Censura prévia: só há espaço para o ultraliberalismo nas concessões públicas de rádio e TV
"Via de regra os veículos de comunicação oligopolizados usam a concessão do Estado para emplacar sua ideologia ultraliberal", diz Bepe Damasco
A radiodifusão é uma concessão pública, já que as ondas eletromagnéticas pertencem ao Estado, ao povo brasileiro. Então, a família Marinho não é dona do canal aberto da Globo, nem da Globonews e tampouco da rádio CBN, mas sim concessionária.
Em um país diverso como o nosso, seja do ponto de vista social, regional, econômico, político, cultural ou racial, as concessões de rádio e TV teriam que abrir espaços para as representações das partes que formam o complexo mosaico da sociedade brasileira.
Mas não é nada disso que acontece. Ao contrário, via de regra os veículos de comunicação oligopolizados usam a concessão do Estado para emplacar sua ideologia ultraliberal, sua visão de mundo excludente e elitista.
Vamos focar na questão econômica.
A armadilha é a seguinte: repetir como mantras "os agentes econômicos isso", "os agentes econômicos aquilo", "o mercado é contra o pacote de cortes de gastos", "as bolsas caem e o dólar sobre por causa de decisões do governo" ou "o mercado vê com bons olhos nova reforma da Previdência", para fazer crer que a economia se resume a isso.
Desgraçadamente, essa empulhação engana muita gente.
Não é por acaso que as variáveis de fato importantes da economia, como produção, consumo, salário e emprego são sempre relegadas ao segundo plano no noticiário, quando não ignoradas completamente.
Repare que só são convidados pela GloboNews e CBN, para comentar decisões econômicas de governo ou projetos em discussão no Congresso Nacional, economistas ligados a corretoras de valores, fundos e assessorias de investimento, além de tecnocratas de todo o ecossistema do rentismo. Sem falar no samba de uma nota dos comentaristas de economia, 100% alinhados ao mercado financeiro. Não há o mínimo espaço para o dissenso.
Condenam à invisibilidade a corrente econômica desenvolvimentista, a mais exitosa do Brasil, cujas teses aplicadas às políticas de governo ao longo do tempo respondem pela industrialização do país, pelo nosso desenvolvimento tecnológico e por situar a economia brasileira entre as dez maiores do planeta. O desenvolvimentismo guiou também o presidente norte-americano Franklin Roosevelt, no seu New Deal, e a implantação do estado de bem-estar social na Europa, no pós-guerra.

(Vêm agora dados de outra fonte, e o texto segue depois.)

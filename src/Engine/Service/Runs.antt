-- ===== src/Engine/Service/Runs.antt =====
-- What evaluations return, whatever rules, database and cache do.
use complif_techinical_chall.Base.{
  ℕ, String, ◌≡◌, refl, sym, ap, ◌∙◌, some, List, [], ◌∷◌, ◌++◌, map, length,
}
use mathlib.Core.List.{append-nil, append_assoc}
use complif_techinical_chall.Common.Value.{
  obj, str, Fields, end, field, get, spread, IsObject, or_else, get-put, get-put_self, get-spread,
}
use complif_techinical_chall.Common.Exec.{
  Error, Result, ok, err, result_of, state_of, guarded_ok, guarded_err,
}
use complif_techinical_chall.World.{World, Repositories, Effect, evaluation_duration, emit}
use complif_techinical_chall.Engine.RuleCache.{CachedRule, CachedRules, RedisClient}
use complif_techinical_chall.Engine.Context.{
  EvaluationContext, EvaluationResult, RuleEvent, FailedRule, RuleProperties, EngineEvent,
  Providers, Engine, no_failures, build_result, rule_event, failed_rule, collect,
}
use complif_techinical_chall.Engine.Service.{
  settle, get_cached_rules, evaluate, evaluate_rules, evaluation_failed, result_from,
}

abbrev pub Settled : Type 0
Settled = CachedRule × Result (List EngineEvent)

-- what one rule's outcome adds to the events, and to the failed rules
abbrev pub events_of_one : Settled → List RuleEvent
events_of_one (rule, ok fired) = map (rule_event rule) fired
events_of_one (rule, err e) = []

abbrev pub failures_of_one : Settled → List FailedRule
failures_of_one (rule, ok fired) = []
failures_of_one (rule, err e) = failed_rule rule e ∷ []

abbrev pub events_of : List Settled → List RuleEvent
events_of [] = []
events_of (s ∷ ss) = events_of_one s ++ events_of ss

abbrev pub failures_of : List Settled → List FailedRule
failures_of [] = []
failures_of (s ∷ ss) = failures_of_one s ++ failures_of ss

-- The loop with its two accumulators appends what each rule adds.
collect-eq :
    (events : List RuleEvent) (failed : List FailedRule) (ss : List Settled)
    → collect events failed ss ≡ (events ++ events_of ss, failed ++ failures_of ss)
unfolding collect
collect-eq events failed [] = λ i. (sym (append-nil events) i, sym (append-nil failed) i)
collect-eq events failed ((rule, ok fired) ∷ ss) =
    collect-eq (events ++ map (rule_event rule) fired) failed ss
    ∙ ap {B = List RuleEvent × List FailedRule} (λ l. (l, failed ++ failures_of ss))
        (append_assoc events (map (rule_event rule) fired) (events_of ss))
collect-eq events failed ((rule, err e) ∷ ss) =
    collect-eq events (failed ++ failed_rule rule e ∷ []) ss
    ∙ ap {B = List RuleEvent × List FailedRule} (λ l. (events ++ events_of ss, l))
        (append_assoc failed (failed_rule rule e ∷ []) (failures_of ss))

events_of-append : (ss ts : List Settled) → events_of (ss ++ ts) ≡ events_of ss ++ events_of ts
events_of-append [] ts = refl
events_of-append (s ∷ ss) ts =
    ap (λ l. events_of_one s ++ l) (events_of-append ss ts)
    ∙ sym (append_assoc (events_of_one s) (events_of ss) (events_of ts))

-- A rule whose evaluation throws, wherever it stands, does not change the events that the other
-- rules fire.
pub collect-failing :
    (before behind : List Settled) (rule : CachedRule) (e : Error)
    → (collect [] [] (before ++ (rule, err e) ∷ behind)).0 ≡ (collect [] [] (before ++ behind)).0
collect-failing before behind rule e =
    ap (λ p. p.0) (collect-eq [] [] (before ++ (rule, err e) ∷ behind))
    ∙ events_of-append before ((rule, err e) ∷ behind)
    ∙ sym (events_of-append before behind)
    ∙ sym (ap (λ p. p.0) (collect-eq [] [] (before ++ behind)))

-- the evaluation of rules that have settled
abbrev pub summary : List Settled → ℕ → EvaluationResult
summary ss count = record {
  success = no_failures (failures_of ss);
  events = events_of ss;
  failed_rules = failures_of ss;
  evaluated_rules_count = count;
}

module _ {Db Redis : Type 0} (repositories : Repositories Db) (client : RedisClient Redis)
    (providers : Providers (World Db Redis))
    (run : Engine (World Db Redis)
      → RuleProperties
      → Fields
      → World Db Redis
      → Result (List EngineEvent)) where
  -- The evaluation that the rules, once they are loaded or not, lead to.
  abbrev pub evaluation_after :
      EvaluationContext → String → Result CachedRules × World Db Redis → EvaluationResult
  evaluation_after context organization_id (ok cached, w) =
      summary (settle repositories client providers run context organization_id cached.rules w)
        (length cached.rules)
  evaluation_after context organization_id (err e, w) = summary [] 0

  evaluate_rules-summary :
      (context : EvaluationContext) (organization_id : String) (rules : List CachedRule)
      (w : World Db Redis)
      → result_of (evaluate_rules repositories client providers run context organization_id rules) w
        ≡ ok (
            summary
              (settle repositories client providers run context organization_id rules w)
              (length rules))
  unfolding evaluate_rules
  evaluate_rules-summary context organization_id [] w = refl
  evaluate_rules-summary context organization_id (rule ∷ rules) w =
      ap (λ p. ok (result_from repositories client providers run (rule ∷ rules) p))
        (collect-eq [] []
          (settle repositories client providers run context organization_id (rule ∷ rules) w))

  evaluate-result :
      (now ttl_seconds : ℕ) (organization_id : String) (context : EvaluationContext)
      (w : World Db Redis) (r : Result CachedRules) (w' : World Db Redis)
      → get_cached_rules repositories client providers run now ttl_seconds organization_id w
        ≡ (r, w')
      → result_of
          (evaluate repositories client providers run now ttl_seconds organization_id context)
          w
        ≡ ok (evaluation_after context organization_id (r, w'))
  unfolding evaluate build_result
  evaluate-result now ttl_seconds organization_id context w (ok cached) w' h =
      guarded_ok
        (get_cached_rules repositories client providers run now ttl_seconds organization_id)
        (λ cached.
          evaluate_rules repositories client providers run context organization_id cached.rules)
        (evaluation_failed repositories client providers run organization_id)
        (emit (evaluation_duration organization_id)) w w' cached _ h
        (evaluate_rules-summary context organization_id cached.rules w')
  evaluate-result now ttl_seconds organization_id context w (err e) w' h =
      guarded_err
        (get_cached_rules repositories client providers run now ttl_seconds organization_id)
        (λ cached.
          evaluate_rules repositories client providers run context organization_id cached.rules)
        (evaluation_failed repositories client providers run organization_id)
        (emit (evaluation_duration organization_id)) w w' e h

  -- An evaluation never throws. If the rules could be loaded it returns the events that each rule's
  -- own engine fired, in the order of the rules, one entry for each rule whose engine threw, and the
  -- number of rules; it is successful if none threw. If they could not be loaded it returns a
  -- successful result with no event and no rule. On every branch the duration is observed last.
  pub evaluate-eq :
      (now ttl_seconds : ℕ) (organization_id : String) (context : EvaluationContext)
      (w : World Db Redis)
      → (result_of
            (evaluate repositories client providers run now ttl_seconds organization_id context)
            w
          ≡ ok (
              evaluation_after context organization_id (
                get_cached_rules repositories client providers run now ttl_seconds organization_id
                  w)))
        × (l : List Effect) × ((state_of
              (evaluate repositories client providers run now ttl_seconds organization_id context)
              w).trace
            ≡ l ++ evaluation_duration organization_id ∷ [])
  unfolding evaluate build_result
  evaluate-eq now ttl_seconds organization_id context w =
      (evaluate-result now ttl_seconds organization_id context w _ _ refl, _, refl)

-- Whatever an event's own parameters, of unique keys, hold, `ruleConfig` is the rule's
-- configuration; `ruleId` is the rule's id only if those parameters have no such key.
pub rule_event-params :
    (rule : CachedRule) (event : EngineEvent) (params : Fields)
    → event.params ≡ some params
    → IsObject params
    → (get "ruleConfig" (rule_event rule event).params ≡ some (obj rule.config))
      × (get "ruleId" (rule_event rule event).params
          ≡ or_else (get "ruleId" params) (some (str rule.id)))
unfolding rule_event get
rule_event-params rule event params h u =
    let base : Fields = field "ruleId" (str rule.id) (field "ruleName" (str rule.name) end) in
    rw h (
      get-put_self "ruleConfig" (obj rule.config) (spread base params),
      get-put "ruleConfig" "ruleId" (obj rule.config) (spread base params)
          ∙ get-spread "ruleId" base params u,
    )
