-- ===== src/Engine/Service/Single.antt =====
-- The evaluation of one rule that is asked for by its id.
use complif_techinical_chall.Base.{◌≡◌, refl, String, ◌==◌, ◌&&◌, false, none, List, [], ◌∷◌}
use complif_techinical_chall.Common.Value.{Fields}
use complif_techinical_chall.Common.Exec.{Result, ok, not_found, error_message, result_of, state_of}
use complif_techinical_chall.World.{World, Repositories}
use complif_techinical_chall.Rules
use complif_techinical_chall.Engine.RuleCache.{RedisClient}
use complif_techinical_chall.Engine.Context.{
  Engine, EngineEvent, EvaluationContext, Providers, RuleProperties,
}
use complif_techinical_chall.Engine.Service.{evaluate_rule}

module _ {Db Redis : Type 0} (repositories : Repositories Db) (client : RedisClient Redis)
    (providers : Providers (World Db Redis))
    (run : Engine (World Db Redis)
      → RuleProperties
      → Fields
      → World Db Redis
      → Result (List EngineEvent)) where
  -- Evaluating a rule that the organization does not have does not throw: it returns an unsuccessful
  -- result that names the rule and the not-found message, with no event and no rule evaluated, and
  -- leaves the database as it is.
  pub evaluate_rule-missing :
      (organization_id rule_id : String) (context : EvaluationContext) (w : World Db Redis)
      → repositories.rules.find_one
          (λ r. r.id == rule_id && r.id_organization == organization_id)
          w.db
        ≡ ok none
      → (result_of
            (evaluate_rule repositories client providers run organization_id rule_id context)
            w
          ≡ ok (record {
            success = false;
            events = [];
            failed_rules =
                record {
                  rule_id = rule_id;
                  rule_name = "Unknown";
                  error = error_message (not_found "Rule" rule_id);
                }
                ∷ [];
            evaluated_rules_count = 0;
          }))
        × ((state_of
              (evaluate_rule repositories client providers run organization_id rule_id context)
              w).db
            ≡ w.db)
  unfolding evaluate_rule Rules.find_one
  evaluate_rule-missing organization_id rule_id context w missing =
      (rw missing refl, rw missing refl)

Professores, mestres e doutores da Unicamp e da UFRJ, para citar apenas dois dos principais bastiões do desenvolvimentismo, são excluídos do debate econômico nas programações de rádios e TV voltadas para as questões econômicas. As emissoras chegam ao cúmulo da desfaçatez ao organizar mesas de discussão com três, quatro convidados, todos da escola neoliberal.
Ao virar as costas para o direito constitucional que as pessoas têm de se informar, e formarem opinião, a partir do conhecimento de visões diferenciadas, os veículos de comunicação fraudam o interesse público, além de empobrecer e mediocrizar o debate sobre os rumos do país.

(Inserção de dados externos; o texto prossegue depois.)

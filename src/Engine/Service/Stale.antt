-- ===== src/Engine/Service/Stale.antt =====
-- A load of the rules (getCachedRules of src/engine/engine.service.ts) beside a change of a rule
-- (src/rules/rules.service.ts and the listener of src/engine/rule-cache.service.ts). The load reads
-- the database and writes the cache in two calls, and nothing holds the change up in between.
use complif_techinical_chall.Base.{ℕ, ◌≡◌, ap, ◌∙◌, String, true, Option, none, some, List, arith}
use complif_techinical_chall.Common.Value.{Fields}
use complif_techinical_chall.Common.Exec.{Exec, Result, ok, result_of, state_of, after, ◌>>=◌}
use complif_techinical_chall.Common.Interleaving
use complif_techinical_chall.Common.Interleaving.{done, first, second}
use complif_techinical_chall.Entities.{Rule}
use complif_techinical_chall.World.{World, Repositories}
use complif_techinical_chall.Rules
use complif_techinical_chall.Rules.{UpdateRuleDto}
use complif_techinical_chall.Engine.RuleCache
use complif_techinical_chall.Engine.RuleCache.{
  CachedRule, CachedRules, CacheText, json, RedisClient, get_cache_key,
}
use complif_techinical_chall.Engine.RuleCache.Coherence.{IsRedis, get-answered, held-set}
use complif_techinical_chall.Engine.Context.{EngineEvent, RuleProperties, Providers, Engine}
use complif_techinical_chall.Engine.Service.{build_cached, get_cached_rules, or_load}

-- one call of `getCachedRules`: before it, behind its miss, behind its reads of the database, behind
-- its write of the cache; one call of `update`: before it, behind its write and its event, behind
-- the listener
pub data Call : Type 0 where
  asked missed : Call
  built : List CachedRule → Call
  stored : CachedRules → Call
  updating : String → UpdateRuleDto → Call
  announced invalidated : Call

module _ {Db Redis : Type 0} (repositories : Repositories Db) (client : RedisClient Redis)
    (providers : Providers (World Db Redis))
    (run : Engine (World Db Redis)
      → RuleProperties
      → Fields
      → World Db Redis
      → Result (List EngineEvent))
    (now ttl_seconds : ℕ) (organization_id : String) where
  -- the reads of a load
  abbrev pub read_rules : Exec (World Db Redis) (List CachedRule)
  read_rules = do
    rules ← Rules.find_enabled_by_priority repositories organization_id
    build_cached repositories client providers run organization_id rules

  abbrev pub entry_of : List CachedRule → CachedRules
  entry_of cached = record { rules = cached; cached_at = now }

  pub data Step : Call → World Db Redis → Call → World Db Redis → Type 0 where
    misses :
        {w : World Db Redis}
        → result_of (RuleCache.get client organization_id) w ≡ ok none
        → Step asked w missed (state_of (RuleCache.get client organization_id) w)
    reads :
        {cached : List CachedRule} {w : World Db Redis}
        → result_of read_rules w ≡ ok cached
        → Step missed w (built cached) (state_of read_rules w)
    stores :
        {cached : List CachedRule} {w : World Db Redis}
        → Step
            (built cached)
            w
            (stored (entry_of cached))
            (state_of (RuleCache.set client ttl_seconds organization_id (entry_of cached)) w)
    updates :
        {id : String} {dto : UpdateRuleDto} {rule : Rule} {w : World Db Redis}
        → result_of (Rules.update repositories organization_id id dto) w ≡ ok rule
        → Step
            (updating id dto)
            w
            announced
            (state_of (Rules.update repositories organization_id id dto) w)
    listens :
        {w : World Db Redis}
        → Step announced w invalidated
            (state_of (RuleCache.handle_cache_invalidation client organization_id) w)

  abbrev pub Steps : Call → Call → World Db Redis → Call → Call → World Db Redis → Type 0
  Steps = Interleaving.Steps Step

  listener-db :
      (w : World Db Redis)
      → (state_of (RuleCache.handle_cache_invalidation client organization_id) w).db ≡ w.db
  unfolding RuleCache.handle_cache_invalidation
  listener-db w = ground arith

  set-db :
      (rules : CachedRules) (w : World Db Redis)
      → (state_of (RuleCache.set client ttl_seconds organization_id rules) w).db ≡ w.db
  unfolding RuleCache.set
  set-db rules w = ground arith

  set-connected :
      (rules : CachedRules) (w : World Db Redis)
      → (state_of (RuleCache.set client ttl_seconds organization_id rules) w).is_connected
        ≡ w.is_connected
  unfolding RuleCache.set
  set-connected rules w = ground arith

  -- a hit is what the engine goes by
  hit-result :
      (rules : CachedRules) (w : World Db Redis)
      → result_of (RuleCache.get client organization_id) w ≡ ok (some rules)
      → result_of
          (get_cached_rules repositories client providers run now ttl_seconds organization_id)
          w
        ≡ ok rules
  unfolding get_cached_rules or_load
  hit-result rules w h =
      ap
        (λ r.
          (after r (or_load repositories client providers run now ttl_seconds organization_id)
            (state_of (RuleCache.get client organization_id) w)).0)
        h

  module _ (id : String) (dto : UpdateRuleDto) (cached : List CachedRule) (w : World Db Redis) where
    -- the load has read, and then the change runs to its end
    abbrev pub after_reads : World Db Redis
    after_reads = state_of read_rules (state_of (RuleCache.get client organization_id) w)

    abbrev pub after_change : World Db Redis
    after_change = state_of (Rules.update repositories organization_id id dto) after_reads

    abbrev pub after_listener : World Db Redis
    after_listener =
        state_of (RuleCache.handle_cache_invalidation client organization_id) after_change

    abbrev pub after_store : World Db Redis
    after_store =
        state_of (RuleCache.set client ttl_seconds organization_id (entry_of cached)) after_listener

    -- A load that has read the rules before a rule is changed, and that writes the cache behind the
    -- invalidation, brings the rules as they were back: the database holds the change, but the
    -- engine goes by what was read before it, while Redis still answers with the entry that it holds.
    -- The load misses and reads without an error, the change succeeds, and Redis is connected and
    -- takes the write.
    pub Steps-stale :
        (held : Redis → String → Option CacheText)
        → IsRedis client held
        → (rule : Rule) → result_of (RuleCache.get client organization_id) w ≡ ok none
        → result_of read_rules (state_of (RuleCache.get client organization_id) w) ≡ ok cached
        → result_of (Rules.update repositories organization_id id dto) after_reads ≡ ok rule
        → after_listener.is_connected ≡ true
        → (client.setex
            (get_cache_key organization_id)
            ttl_seconds
            (json (entry_of cached))
            after_listener.redis).0
          ≡ ok tt
        → client.get (get_cache_key organization_id) after_store.redis
          ≡ ok (held after_store.redis (get_cache_key organization_id))
        → Steps asked (updating id dto) w (stored (entry_of cached)) invalidated after_store
          × (after_store.db ≡ after_change.db)
          × (result_of
                (get_cached_rules repositories client providers run now ttl_seconds organization_id)
                after_store
              ≡ ok (entry_of cached))
    Steps-stale held laws rule miss read changed connected written answered = (
      first (misses miss)
          (first (reads read) (second (updates changed) (second listens (first stores done)))),
      set-db (entry_of cached) after_listener ∙ listener-db after_change,
      hit-result (entry_of cached) after_store (
          get-answered client held laws organization_id (entry_of cached) after_store
            (set-connected (entry_of cached) after_listener ∙ connected)
            (answered
              ∙ ap ok (
                  held-set client held laws ttl_seconds organization_id (entry_of cached)
                    after_listener connected written))),
    )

E haja desinformação com propósito político.
Na semana passada, a imprensa comercial liderada pelas Organizações Globo esperneou contra a proposta do governo Lula de isentar de Imposto de Renda quem ganha até R$ 5 mil reais, uma promessa de campanha de Lula. Como não suportam ver os de baixo melhorar de vida, nem que seja um pouquinho, inventaram que a medida vai corroer ainda mais as contas públicas.

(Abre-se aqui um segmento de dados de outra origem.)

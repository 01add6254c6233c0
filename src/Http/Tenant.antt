-- ===== src/Http/Tenant.antt =====
-- Which organization a request acts for.
use complif_techinical_chall.Base.{String, ◌≡◌, Bool, true, some, arith}
use complif_techinical_chall.Common.Exec.{ok}
use complif_techinical_chall.Http.{Request, can_activate, organization_of}

-- A request that the guard lets through acts for the organization of its header, which is a valid
-- UUID and not empty, and the guard writes that organization into the request and changes nothing
-- else.
pub can_activate-organization_of :
    (is_valid_uuid : String → Bool) (request : Request)
    → (can_activate is_valid_uuid request).0 ≡ ok true
    → (is_valid_uuid (organization_of request) ≡ true)
      × (request.header ≡ some (organization_of request))
      × ((can_activate is_valid_uuid request).1
          ≡ record request { organization_id = some (organization_of request) })
      × (organization_of (can_activate is_valid_uuid request).1 ≡ organization_of request)
unfolding can_activate organization_of
can_activate-organization_of is_valid_uuid request h = ground arith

Se ouvido por eles, qualquer estudante de economia poderia explicar que a ampliação da faixa de isenção em questão se enquadra como tributação neutra, já que seria compensada por uma escala de taxação de até 10% sobre os rendimentos acima de R$ 600 mil por ano. Ou seja, o impacto fiscal é zero.
E tem coisa mais grave: o distinto público acaba sendo bombardeado por imbecilidades ultraliberais inacreditáveis, pronunciadas em tom professoral por ditos especialistas, tais como "desemprego abaixo de 10% é um risco para o país, porque pressiona a inflação" ou "crescimento excessivo do PIB acaba sendo ruim, já que aumenta o consumo e, consequentemente, os juros".
Pensam que o nosso ouvido é penico.
* Este é um artigo de opinião, de responsabilidade do autor, e não reflete a opinião do Brasil 247.